In the data, extract each line that holds the string "none".
**** THE DATA ****
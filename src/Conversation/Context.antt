-- ===== src/Conversation/Context.antt =====
-- The alerts that wait for a reply, of src/inbound/conversation_state.rs.
pub mod Resolved
use Prim.Native.String.{String, ◌++◌}
use geodineum_comms.Prelude.{
  ℕ, ◌+◌, ◌≡◌, refl, Bool, true, false, Option, none, some, List, [], ◌∷◌, any, ltb, ◌==◌, eq_iff,
  eq_refl, arith, ap, sym, ◌∙◌, if◌then◌else◌, ◌≢◌, ◌<◌,
}
use geodineum_comms.Prelude.Dict.{
  Dict, lookup, insert, remove, or_else, lookup-insert, lookup-remove,
}
use geodineum_comms.Prelude.Chars.{trim}
use geodineum_comms.Errors.{CommsError, valkey, internal, Result, ok, err}
use geodineum_comms.Conversation.{
  Chats, Clock, Codec, Reached, Hash, ContextResolution, context_ttl_secs, ctx_key, active_ctx_key,
  hgetall, hset, expire, is_live, insert_all,
}

-- The pipelined commands of a tracking are sent together: none takes effect where ValKey is not reached.
unfoldable pub track_callback_context :
    Clock
    → Codec
    → Reached
    → String
    → String
    → String
    → List String
    → String
    → Chats
    → Chats × Result (Unit {0})
track_callback_context c j r site_id context_id component reply_options callback_stream s =
    if r.write
    then (
      expire c.now (ctx_key site_id context_id) context_ttl_secs (
          hset c.now (ctx_key site_id context_id)
            (("component", component)
              ∷ ("reply_options", j.encode reply_options)
              ∷ ("callback_stream", callback_stream)
              ∷ ("created_at", c.stamp)
              ∷ [])
            s),
      ok tt,
    )
    else (s, err (internal ("Failed to track callback context: " ++ r.failure)))

abbrev pub context_fields :
    Clock → Codec → String → List String → String → String → List (String × String)
context_fields c j component reply_options callback_stream original_message_id =
    ("component", component)
    ∷ ("reply_options", j.encode reply_options)
    ∷ ("callback_stream", callback_stream)
    ∷ ("original_message_id", original_message_id)
    ∷ ("created_at", c.stamp)
    ∷ []

abbrev pub tracked :
    Clock
    → Codec
    → String
    → String
    → String
    → String
    → List String
    → String
    → String
    → Chats
    → Chats
tracked c j site_id chat_id context_id component reply_options callback_stream original_message_id
      s =
    let t = expire c.now (ctx_key site_id context_id) context_ttl_secs (
      hset c.now (ctx_key site_id context_id)
        (context_fields c j component reply_options callback_stream original_message_id) s) in
    record t {
      active =
          insert (active_ctx_key site_id chat_id) (context_id, c.now + context_ttl_secs) s.active;
    }

unfoldable pub track_context :
    Clock
    → Codec
    → Reached
    → String
    → String
    → String
    → String
    → List String
    → String
    → String
    → Chats
    → Chats × Result (Unit {0})
track_context c j r site_id chat_id context_id component reply_options callback_stream
      original_message_id s =
    if r.write
    then (
      tracked c j site_id chat_id context_id component reply_options callback_stream
          original_message_id s,
      ok tt,
    )
    else (s, err (valkey r.failure))

-- `GET` of the active context
abbrev pub live_context : ℕ → Option (String × ℕ) → Option String
live_context now none = none
live_context now (some (id, t)) = if ltb now t then some id else none

abbrev pub options_of : Codec → Option String → List String
options_of j none = []
options_of j (some s) = or_else (j.decode s) []

unfoldable pub is_option : Codec → Dict String → String → Bool
is_option j fields reply_text =
    any (λ opt. j.to_uppercase opt == j.to_uppercase (trim reply_text))
      (options_of j (lookup "reply_options" fields))

abbrev pub resolution_of : Codec → Dict String → String → String → ContextResolution
resolution_of j fields context_id reply_text = record {
  context_id = context_id;
  component = or_else (lookup "component" fields) "";
  command = j.to_uppercase (trim reply_text);
  callback_stream = or_else (lookup "callback_stream" fields) "";
}

-- From the loaded hash on: an empty one has expired.
abbrev pub resolve_in :
    Codec
    → Reached
    → String
    → String
    → String
    → Dict String
    → Chats
    → Chats × Result (Option ContextResolution)
resolve_in j r active_key context_id reply_text [] s = (s, ok none)
resolve_in j r active_key context_id reply_text (field ∷ fields) s =
    if is_option j (field ∷ fields) reply_text
    then if r.del
      then (
        record s { active = remove active_key s.active },
        ok (some (resolution_of j (field ∷ fields) context_id reply_text)),
      )
      else (s, err (valkey r.failure))
    else (s, ok none)

abbrev pub resolve_context :
    Clock
    → Codec
    → Reached
    → String
    → String
    → String
    → Option String
    → Chats
    → Chats × Result (Option ContextResolution)
resolve_context c j r active_key site_id reply_text none s = (s, ok none)
resolve_context c j r active_key site_id reply_text (some context_id) s =
    if r.hgetall
    then resolve_in j r active_key context_id reply_text
        (hgetall c.now (ctx_key site_id context_id) s) s
    else (s, err (valkey r.failure))

unfoldable pub resolve_reply :
    Clock
    → Codec
    → Reached
    → String
    → String
    → String
    → Chats
    → Chats × Result (Option ContextResolution)
resolve_reply c j r chat_id site_id reply_text s =
    if r.get
    then resolve_context c j r (active_ctx_key site_id chat_id) site_id reply_text
        (live_context c.now (lookup (active_ctx_key site_id chat_id) s.active)) s
    else (s, err (valkey r.failure))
****
SOLUTION BELOW:
  ℕ, ◌+◌, ◌≡◌, refl, Bool, true, false, Option, none, some, List, [], ◌∷◌, any, ltb, ◌==◌, eq_iff,
-- The pipelined commands of a tracking are sent together: none takes effect where ValKey is not reached.
live_context now none = none
live_context now (some (id, t)) = if ltb now t then some id else none
options_of j none = []
resolve_in j r active_key context_id reply_text [] s = (s, ok none)
    else (s, ok none)
resolve_context c j r active_key site_id reply_text none s = (s, ok none)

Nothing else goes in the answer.